Relatório do Insper e da Universidade de Sussex (Reino Unido) de janeiro de 2025 compila recomendações para aprimorar o debate sobre regulação de plataformas de internet no Brasil. Segundo os especialistas que colaboraram com o documento, o Marco Civil da Internet (lei 12.965 de 2014), discutido no STF (Supremo Tribunal Federal), necessita ser atualizado. Eis a íntegra (PDF – 441 KB).
As recomendações foram dadas por 28 especialistas do poder público, da academia, da iniciativa privada e da sociedade civil em novembro de 2024, durante um debate sobre os desafios relacionados ao avanço da discussão regulatória.
Diversos participantes da oficina que originou o relatório apontaram para a necessidade da atualização ou de uma "construção de camadas" sobre o norma, considerando os novos modelos de negócio das plataformas e os riscos sistêmicos que vieram com a transformação da internet desde 2014.
Exemplos de riscos são a disseminação de desinformação e de discursos de ódio. Segundo os especialistas, ambos foram amplificados por algoritmos de recomendação e impulsionamento pago de conteúdo. Além disso, por influenciadores digitais com grande alcance e com a dificuldade de marcos regulatórios "pré-digitais" (tais como a legislação eleitoral) também impulsionam a disseminação.
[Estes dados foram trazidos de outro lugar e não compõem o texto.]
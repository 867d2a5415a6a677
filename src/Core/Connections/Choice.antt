-- ===== src/Core/Connections/Choice.antt =====
-- The socket that `ump_accept` takes.
use user_message_protocol.Base.{
  ℕ, ◌≡◌, refl, sym, ◌∙◌, subst, Option, none, some, true, false, ◌==◌, arith, if_cases, if_both,
  List, [], ◌∷◌, inl, inr, Bool-cases,
}
use user_message_protocol.Core.{UmpCore, connect_time_of, later}
use user_message_protocol.Core.Connections.{choose, weigh, is_ready, scan}
use user_message_protocol.Core.Table.{GHashTable, has, contains}

module _ {D : Type 0} {h : GHashTable} where
  -- A choice, where there is one, is a socket of the list that is established.
  abbrev pub IsChosen : UmpCore D h → List ℕ → Option ℕ → Type 0
  IsChosen c is none = Unit
  IsChosen c is (some i) = (contains i is ≡ true) × (is_ready c i ≡ true)

  choose-IsChosen :
      (c : UmpCore D h) (is : List ℕ) (best : Option ℕ) (i : ℕ)
      → IsChosen c is best
      → IsChosen c is (some i)
      → IsChosen c is (choose c best i)
  choose-IsChosen c is none i hb hi = hi
  choose-IsChosen c is (some b) i hb hi =
      if_both (IsChosen c is) (later (connect_time_of (c.socks b)) (connect_time_of (c.socks i))) hi
        hb

  pub scan-IsChosen :
      (c : UmpCore D h) (all : List ℕ) (best : Option ℕ) (is : List ℕ)
      → ((i : ℕ) → contains i is ≡ true → contains i all ≡ true)
      → IsChosen c all best
      → IsChosen c all (scan c best is)
  unfolding scan
  scan-IsChosen c all best [] sub hb = hb
  scan-IsChosen c all best (i ∷ is) sub hb =
      scan-IsChosen c all (weigh c best i) is (λ j e. sub j (ground (arith, e)))
        (if_cases (IsChosen c all) (is_ready c i)
          (λ t. choose-IsChosen c all best i hb (sub i (ground arith), t)) (λ _. hb))

  choose_some : (c : UmpCore D h) (best : Option ℕ) (i : ℕ) → has (choose c best i) ≡ true
  choose_some c none i = refl
  choose_some c (some b) i =
      if_both (λ (o : Option ℕ). has o ≡ true)
        (later (connect_time_of (c.socks b)) (connect_time_of (c.socks i))) refl refl

  scan_some :
      (c : UmpCore D h) (best : Option ℕ) (is : List ℕ)
      → has best ≡ true
      → has (scan c best is) ≡ true
  unfolding scan
  scan_some c best [] e = e
  scan_some c best (i ∷ is) e =
      scan_some c (weigh c best i) is
        (if_both (λ (o : Option ℕ). has o ≡ true) (is_ready c i) (choose_some c best i) e)

  pub scan_finds :
      (c : UmpCore D h) (best : Option ℕ) (is : List ℕ) (i : ℕ)
      → contains i is ≡ true
      → is_ready c i ≡ true
      → has (scan c best is) ≡ true
  unfolding scan
  scan_finds c best [] i e t = absurd (ground (arith, e))
  scan_finds c best (j ∷ js) i e t = elim (Bool-cases (i == j)) [
    | inl q ↦ scan_some c (weigh c best j) js (
        if_cases (λ (o : Option ℕ). has o ≡ true) (is_ready c j) (λ _. choose_some c best j)
          (λ f. absurd (
            ground (
              arith,
              sym t ∙ subst (λ (k : ℕ). is_ready c k ≡ false) (sym (ground (arith, q))) f,
            ))))
    | inr n ↦ scan_finds c (weigh c best j) js i (ground (arith, e, n)) t
  ]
O uso da audiência nas redes e de técnicas de marketing digital pelo ex-coach Pablo Marçal (PRTB) foi utilizado no estudo para ilustrar a questão. O político quase garantiu um lugar no 2º turno da disputa pela Prefeitura de São Paulo em 2024.
RESPONSABILIZAÇÃO DAS PLATAFORMAS
A responsabilidade dos provedores de aplicação de internet sobre o conteúdo gerado por terceiros também é alvo de preocupação no estudo. Ela está disposta nos artigos 18 e 19 do Marco Civil da Internet.
"O julgamento do Supremo Tribunal Federal sobre a constitucionalidade do regime de responsabilidade de intermediários estabelecido pelo Marco Civil da Internet definirá futuras trilhas deste debate", diz o relatório.
O artigo 19 está sob análise de constitucionalidade no STF por determinar que as plataformas só sejam responsabilizadas pela publicação de conteúdos de seus usuários caso desobedeçam a uma ordem judicial de remoção. Para os especialistas, o dispositivo é "insuficiente para lidar com os riscos sistêmicos".
Dizem que as sucessivas ordens judiciais de remoção de perfil de Pablo Marçal na eleição de 2024 evidenciaram a lacuna na lei, uma vez que um dos perfis criados após as remoções alcançou 1 milhão de seguidores em só 2 horas.
"É preciso que as plataformas adotem medidas preventivas, mais estruturantes e compatíveis com instrumentos de ‘devida diligência’, o que transborda o debate sobre responsabilização civil pela publicação de conteúdos de usuários", afirma o estudo.
Foi ressaltado, portanto, o papel do Estado na elaboração e articulação de uma política pública "mais sofisticada" para as plataformas digitais do que os dispositivos presentes no Marco Civil da Internet.
FISCALIZAÇÃO
Argumentou-se que a autorregulação, principalmente por meio de mecanismos de moderação de conteúdo, também tem se mostrado insuficiente para lidar com riscos emergentes.
Para os participantes da oficina, é necessária a construção de regulações mais robustas e para além do controle judicial. Um caminho apontado por alguns participantes foi a estruturação de um novo ente regulador independente para fazer a fiscalização e garantir o cumprimento de normas.
"A falta de especificidade pode gerar insegurança jurídica e prejudicar o funcionamento das plataformas esperado pela sociedade, gerando efeitos indesejados e imprevistos", afirma.
Participantes de diferentes setores deram ideias para suprir as "lacunas" das capacidades do Estado brasileiro para dar conta desse objetivo. Citam órgãos de governo recém-criados que estão em aprendizado sobre escopo e capacidades, as atuações da ANPD (Autoridade Nacional de Proteção de Dados), da Anatel (Agência Nacional de Telecomunicações) e de um Judiciário ativo e com atuação exemplar, especialmente no âmbito da Justiça Eleitoral em razão de suas competências regulamentar e administrativa e poder de polícia.
ANÁLISE DA CORTE
O julgamento da responsabilização das plataformas de redes sociais no STF deve ser retomado em 2025 após o fim do recesso dos ministros na 2ª feira (3.fev). Ele foi suspenso em dezembro de 2024 após os votos dos relatores Luiz Fux e Dias Toffoli. O placar está em 2 a 0 pela inconstitucionalidade do dispositivo por entenderem que as plataformas devem remover as publicações antes da notificação judicial. Não há data marcada para a retomada.